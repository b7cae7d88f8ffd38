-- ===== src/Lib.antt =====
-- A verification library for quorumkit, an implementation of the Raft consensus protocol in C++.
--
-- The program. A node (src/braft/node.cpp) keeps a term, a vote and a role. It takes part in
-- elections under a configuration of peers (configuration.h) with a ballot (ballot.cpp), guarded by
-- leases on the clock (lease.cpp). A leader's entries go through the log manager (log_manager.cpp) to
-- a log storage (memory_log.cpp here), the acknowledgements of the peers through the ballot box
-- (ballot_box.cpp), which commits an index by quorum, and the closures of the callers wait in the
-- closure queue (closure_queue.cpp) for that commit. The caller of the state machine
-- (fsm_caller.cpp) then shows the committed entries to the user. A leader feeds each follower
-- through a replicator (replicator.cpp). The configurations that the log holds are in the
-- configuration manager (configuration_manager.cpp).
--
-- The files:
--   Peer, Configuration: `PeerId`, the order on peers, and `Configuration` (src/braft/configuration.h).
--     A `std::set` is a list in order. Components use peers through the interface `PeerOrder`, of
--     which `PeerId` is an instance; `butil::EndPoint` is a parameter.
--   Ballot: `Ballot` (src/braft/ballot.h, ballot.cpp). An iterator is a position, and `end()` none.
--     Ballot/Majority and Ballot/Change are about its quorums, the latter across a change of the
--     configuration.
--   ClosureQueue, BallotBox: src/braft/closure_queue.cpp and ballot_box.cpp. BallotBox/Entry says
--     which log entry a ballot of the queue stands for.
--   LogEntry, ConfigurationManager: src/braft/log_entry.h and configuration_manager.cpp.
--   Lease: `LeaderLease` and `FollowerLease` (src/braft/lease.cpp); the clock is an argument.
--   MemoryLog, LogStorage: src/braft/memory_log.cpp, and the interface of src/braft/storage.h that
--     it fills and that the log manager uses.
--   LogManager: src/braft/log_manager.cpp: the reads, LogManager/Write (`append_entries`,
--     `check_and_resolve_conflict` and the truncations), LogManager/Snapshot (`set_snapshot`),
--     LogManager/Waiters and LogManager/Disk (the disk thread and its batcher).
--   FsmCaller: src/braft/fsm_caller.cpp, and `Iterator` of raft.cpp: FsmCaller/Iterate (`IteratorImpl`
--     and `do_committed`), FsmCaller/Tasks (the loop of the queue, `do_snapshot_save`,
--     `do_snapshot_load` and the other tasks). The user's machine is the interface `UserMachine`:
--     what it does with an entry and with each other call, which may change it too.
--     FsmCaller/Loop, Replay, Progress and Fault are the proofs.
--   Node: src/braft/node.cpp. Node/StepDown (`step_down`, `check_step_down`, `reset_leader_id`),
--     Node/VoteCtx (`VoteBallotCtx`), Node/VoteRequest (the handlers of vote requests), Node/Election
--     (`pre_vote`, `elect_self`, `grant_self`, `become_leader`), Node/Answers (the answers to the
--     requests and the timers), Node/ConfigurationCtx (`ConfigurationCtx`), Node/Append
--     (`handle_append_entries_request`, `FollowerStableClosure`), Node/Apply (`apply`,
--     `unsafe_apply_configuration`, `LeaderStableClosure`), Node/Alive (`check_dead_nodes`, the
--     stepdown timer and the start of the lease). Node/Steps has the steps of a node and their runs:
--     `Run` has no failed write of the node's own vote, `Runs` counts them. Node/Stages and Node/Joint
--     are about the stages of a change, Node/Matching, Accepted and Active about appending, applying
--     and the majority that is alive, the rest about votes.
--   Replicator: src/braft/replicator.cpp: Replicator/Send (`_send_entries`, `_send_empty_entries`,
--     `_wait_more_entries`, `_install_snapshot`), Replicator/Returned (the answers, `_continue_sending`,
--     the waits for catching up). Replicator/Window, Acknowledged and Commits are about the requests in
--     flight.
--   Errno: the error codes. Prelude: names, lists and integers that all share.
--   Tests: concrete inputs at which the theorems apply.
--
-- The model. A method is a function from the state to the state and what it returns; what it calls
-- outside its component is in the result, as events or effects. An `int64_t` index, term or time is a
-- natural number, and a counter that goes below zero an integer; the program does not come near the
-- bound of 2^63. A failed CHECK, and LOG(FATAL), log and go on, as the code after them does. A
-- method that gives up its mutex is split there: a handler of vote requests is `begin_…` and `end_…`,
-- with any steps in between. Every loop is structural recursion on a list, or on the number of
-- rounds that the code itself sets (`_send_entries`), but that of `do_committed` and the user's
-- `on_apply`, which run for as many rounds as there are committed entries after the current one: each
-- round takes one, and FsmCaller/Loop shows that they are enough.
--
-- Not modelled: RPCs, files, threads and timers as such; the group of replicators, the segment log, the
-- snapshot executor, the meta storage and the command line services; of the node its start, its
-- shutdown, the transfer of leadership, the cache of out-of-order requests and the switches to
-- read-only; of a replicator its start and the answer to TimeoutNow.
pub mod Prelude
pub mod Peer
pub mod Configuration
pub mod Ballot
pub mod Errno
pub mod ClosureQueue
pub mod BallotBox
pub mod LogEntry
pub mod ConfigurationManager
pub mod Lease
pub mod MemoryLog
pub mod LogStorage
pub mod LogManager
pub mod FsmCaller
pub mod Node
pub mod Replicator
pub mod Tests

■ ■ ■ ■ ■

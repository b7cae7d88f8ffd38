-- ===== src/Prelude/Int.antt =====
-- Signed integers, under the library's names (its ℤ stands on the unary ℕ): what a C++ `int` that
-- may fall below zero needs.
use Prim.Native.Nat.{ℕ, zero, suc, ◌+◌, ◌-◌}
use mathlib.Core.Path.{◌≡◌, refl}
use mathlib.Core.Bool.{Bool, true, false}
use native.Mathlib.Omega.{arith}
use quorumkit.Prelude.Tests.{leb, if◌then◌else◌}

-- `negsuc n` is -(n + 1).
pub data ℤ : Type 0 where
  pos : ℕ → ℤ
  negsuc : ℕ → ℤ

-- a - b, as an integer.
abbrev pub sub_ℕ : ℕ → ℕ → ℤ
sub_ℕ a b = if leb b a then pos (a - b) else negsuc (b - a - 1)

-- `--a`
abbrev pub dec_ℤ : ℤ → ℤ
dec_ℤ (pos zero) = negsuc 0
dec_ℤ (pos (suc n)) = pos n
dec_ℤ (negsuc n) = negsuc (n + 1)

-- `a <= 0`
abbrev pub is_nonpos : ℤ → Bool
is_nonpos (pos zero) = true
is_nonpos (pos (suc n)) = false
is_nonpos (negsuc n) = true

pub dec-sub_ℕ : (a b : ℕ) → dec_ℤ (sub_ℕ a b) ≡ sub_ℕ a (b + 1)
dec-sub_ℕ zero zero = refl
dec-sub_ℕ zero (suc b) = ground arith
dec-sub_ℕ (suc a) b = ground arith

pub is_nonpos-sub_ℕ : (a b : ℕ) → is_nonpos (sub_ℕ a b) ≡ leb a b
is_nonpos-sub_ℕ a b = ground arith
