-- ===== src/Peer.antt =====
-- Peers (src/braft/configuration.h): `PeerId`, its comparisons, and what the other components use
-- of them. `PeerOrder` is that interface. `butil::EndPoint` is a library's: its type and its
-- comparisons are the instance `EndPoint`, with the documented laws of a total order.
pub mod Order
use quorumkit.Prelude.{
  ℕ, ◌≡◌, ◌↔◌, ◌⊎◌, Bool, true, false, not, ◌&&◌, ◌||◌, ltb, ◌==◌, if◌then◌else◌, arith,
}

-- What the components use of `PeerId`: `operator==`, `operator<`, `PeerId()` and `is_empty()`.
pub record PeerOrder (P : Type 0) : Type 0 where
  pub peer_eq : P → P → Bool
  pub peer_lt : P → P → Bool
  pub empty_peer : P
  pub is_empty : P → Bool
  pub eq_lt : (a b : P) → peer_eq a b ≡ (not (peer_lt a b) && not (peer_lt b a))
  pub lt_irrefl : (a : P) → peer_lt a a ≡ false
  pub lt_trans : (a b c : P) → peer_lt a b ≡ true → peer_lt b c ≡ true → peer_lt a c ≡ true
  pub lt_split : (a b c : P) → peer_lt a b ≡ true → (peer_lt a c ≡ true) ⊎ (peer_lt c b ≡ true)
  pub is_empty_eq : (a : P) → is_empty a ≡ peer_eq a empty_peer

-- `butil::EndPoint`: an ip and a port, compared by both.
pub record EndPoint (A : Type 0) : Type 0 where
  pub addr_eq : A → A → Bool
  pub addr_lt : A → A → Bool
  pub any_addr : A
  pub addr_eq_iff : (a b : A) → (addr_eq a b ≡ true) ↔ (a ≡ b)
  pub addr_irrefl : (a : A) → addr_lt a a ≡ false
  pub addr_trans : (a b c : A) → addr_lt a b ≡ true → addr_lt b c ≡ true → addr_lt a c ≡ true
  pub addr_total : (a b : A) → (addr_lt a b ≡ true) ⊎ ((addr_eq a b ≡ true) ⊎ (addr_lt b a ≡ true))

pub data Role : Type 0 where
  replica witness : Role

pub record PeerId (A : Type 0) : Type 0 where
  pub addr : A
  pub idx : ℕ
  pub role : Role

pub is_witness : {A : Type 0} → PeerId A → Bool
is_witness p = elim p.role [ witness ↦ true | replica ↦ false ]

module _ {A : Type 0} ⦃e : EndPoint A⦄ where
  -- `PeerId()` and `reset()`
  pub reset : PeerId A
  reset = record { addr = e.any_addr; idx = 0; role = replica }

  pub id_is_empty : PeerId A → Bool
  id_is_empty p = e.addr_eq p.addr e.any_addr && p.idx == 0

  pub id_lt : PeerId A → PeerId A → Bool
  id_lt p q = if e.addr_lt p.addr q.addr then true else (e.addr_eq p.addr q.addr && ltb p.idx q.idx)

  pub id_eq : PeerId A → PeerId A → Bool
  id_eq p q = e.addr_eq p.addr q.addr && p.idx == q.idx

■ ■ ■ ■ ■

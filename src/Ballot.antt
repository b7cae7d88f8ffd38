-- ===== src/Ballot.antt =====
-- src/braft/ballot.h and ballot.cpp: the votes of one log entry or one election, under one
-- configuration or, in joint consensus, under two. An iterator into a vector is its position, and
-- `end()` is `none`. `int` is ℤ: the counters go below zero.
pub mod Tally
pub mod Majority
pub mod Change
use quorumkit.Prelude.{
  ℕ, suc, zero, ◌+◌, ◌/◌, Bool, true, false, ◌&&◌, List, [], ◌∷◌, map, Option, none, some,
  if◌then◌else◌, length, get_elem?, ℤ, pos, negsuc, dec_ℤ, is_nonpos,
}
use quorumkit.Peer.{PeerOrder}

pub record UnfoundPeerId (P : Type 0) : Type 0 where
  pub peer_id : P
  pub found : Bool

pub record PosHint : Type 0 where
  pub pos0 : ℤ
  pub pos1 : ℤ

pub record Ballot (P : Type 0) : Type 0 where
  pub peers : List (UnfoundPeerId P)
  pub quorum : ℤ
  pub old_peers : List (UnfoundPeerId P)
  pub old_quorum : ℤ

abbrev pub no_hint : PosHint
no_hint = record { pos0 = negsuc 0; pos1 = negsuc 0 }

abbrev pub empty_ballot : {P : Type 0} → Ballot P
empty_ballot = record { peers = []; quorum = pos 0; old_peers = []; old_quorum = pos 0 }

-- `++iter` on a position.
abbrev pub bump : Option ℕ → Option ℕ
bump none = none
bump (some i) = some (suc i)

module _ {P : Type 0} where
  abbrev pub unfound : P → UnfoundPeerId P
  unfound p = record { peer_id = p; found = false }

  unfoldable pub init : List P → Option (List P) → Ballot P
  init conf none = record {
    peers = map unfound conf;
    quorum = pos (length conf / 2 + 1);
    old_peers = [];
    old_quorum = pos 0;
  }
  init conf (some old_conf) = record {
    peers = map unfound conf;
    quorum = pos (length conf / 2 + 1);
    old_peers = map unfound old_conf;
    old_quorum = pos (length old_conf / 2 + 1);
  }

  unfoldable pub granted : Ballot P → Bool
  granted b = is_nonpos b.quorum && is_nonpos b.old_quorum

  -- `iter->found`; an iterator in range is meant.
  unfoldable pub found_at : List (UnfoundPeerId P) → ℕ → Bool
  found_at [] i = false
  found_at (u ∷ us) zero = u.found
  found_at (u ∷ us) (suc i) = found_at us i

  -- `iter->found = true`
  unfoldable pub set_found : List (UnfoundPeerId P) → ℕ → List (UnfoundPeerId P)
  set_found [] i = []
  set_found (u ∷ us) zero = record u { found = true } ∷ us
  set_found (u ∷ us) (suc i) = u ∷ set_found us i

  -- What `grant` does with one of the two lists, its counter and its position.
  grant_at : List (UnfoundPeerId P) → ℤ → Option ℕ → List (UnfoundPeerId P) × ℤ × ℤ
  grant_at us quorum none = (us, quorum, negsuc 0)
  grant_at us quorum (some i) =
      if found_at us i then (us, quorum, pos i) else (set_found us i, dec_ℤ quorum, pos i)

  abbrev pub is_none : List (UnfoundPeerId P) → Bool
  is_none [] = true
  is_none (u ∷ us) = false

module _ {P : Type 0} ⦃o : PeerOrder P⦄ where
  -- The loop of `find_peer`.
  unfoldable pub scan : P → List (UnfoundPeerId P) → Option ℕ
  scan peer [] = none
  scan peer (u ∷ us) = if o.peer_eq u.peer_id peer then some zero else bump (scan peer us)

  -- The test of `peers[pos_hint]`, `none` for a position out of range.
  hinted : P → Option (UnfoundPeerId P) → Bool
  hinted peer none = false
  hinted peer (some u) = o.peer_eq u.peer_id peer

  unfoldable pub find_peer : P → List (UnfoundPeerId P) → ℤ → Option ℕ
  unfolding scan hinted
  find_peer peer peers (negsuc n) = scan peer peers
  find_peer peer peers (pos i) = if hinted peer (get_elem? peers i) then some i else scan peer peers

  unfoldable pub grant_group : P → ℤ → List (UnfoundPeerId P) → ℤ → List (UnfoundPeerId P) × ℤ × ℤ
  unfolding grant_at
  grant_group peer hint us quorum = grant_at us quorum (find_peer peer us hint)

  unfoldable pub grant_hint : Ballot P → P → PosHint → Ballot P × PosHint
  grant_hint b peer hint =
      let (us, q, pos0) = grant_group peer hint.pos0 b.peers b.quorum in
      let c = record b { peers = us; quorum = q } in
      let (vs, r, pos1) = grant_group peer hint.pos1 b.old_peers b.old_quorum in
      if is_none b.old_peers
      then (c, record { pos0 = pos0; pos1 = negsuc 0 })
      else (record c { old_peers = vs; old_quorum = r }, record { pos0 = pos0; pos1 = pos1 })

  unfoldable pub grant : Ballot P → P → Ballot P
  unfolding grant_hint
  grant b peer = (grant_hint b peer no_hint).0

■ ■ ■ ■ ■

_Work request:_
Repeat, word for word, the lines above between the line holding "hinted peer (some" and the line holding "grant b peer", inclusive; omit everything else.

_Result:_
  hinted peer (some u) = o.peer_eq u.peer_id peer

  unfoldable pub find_peer : P → List (UnfoundPeerId P) → ℤ → Option ℕ
  unfolding scan hinted
  find_peer peer peers (negsuc n) = scan peer peers
  find_peer peer peers (pos i) = if hinted peer (get_elem? peers i) then some i else scan peer peers

  unfoldable pub grant_group : P → ℤ → List (UnfoundPeerId P) → ℤ → List (UnfoundPeerId P) × ℤ × ℤ
  unfolding grant_at
  grant_group peer hint us quorum = grant_at us quorum (find_peer peer us hint)

  unfoldable pub grant_hint : Ballot P → P → PosHint → Ballot P × PosHint
  grant_hint b peer hint =
      let (us, q, pos0) = grant_group peer hint.pos0 b.peers b.quorum in
      let c = record b { peers = us; quorum = q } in
      let (vs, r, pos1) = grant_group peer hint.pos1 b.old_peers b.old_quorum in
      if is_none b.old_peers
      then (c, record { pos0 = pos0; pos1 = negsuc 0 })
      else (record c { old_peers = vs; old_quorum = r }, record { pos0 = pos0; pos1 = pos1 })

  unfoldable pub grant : Ballot P → P → Ballot P
  unfolding grant_hint
  grant b peer = (grant_hint b peer no_hint).0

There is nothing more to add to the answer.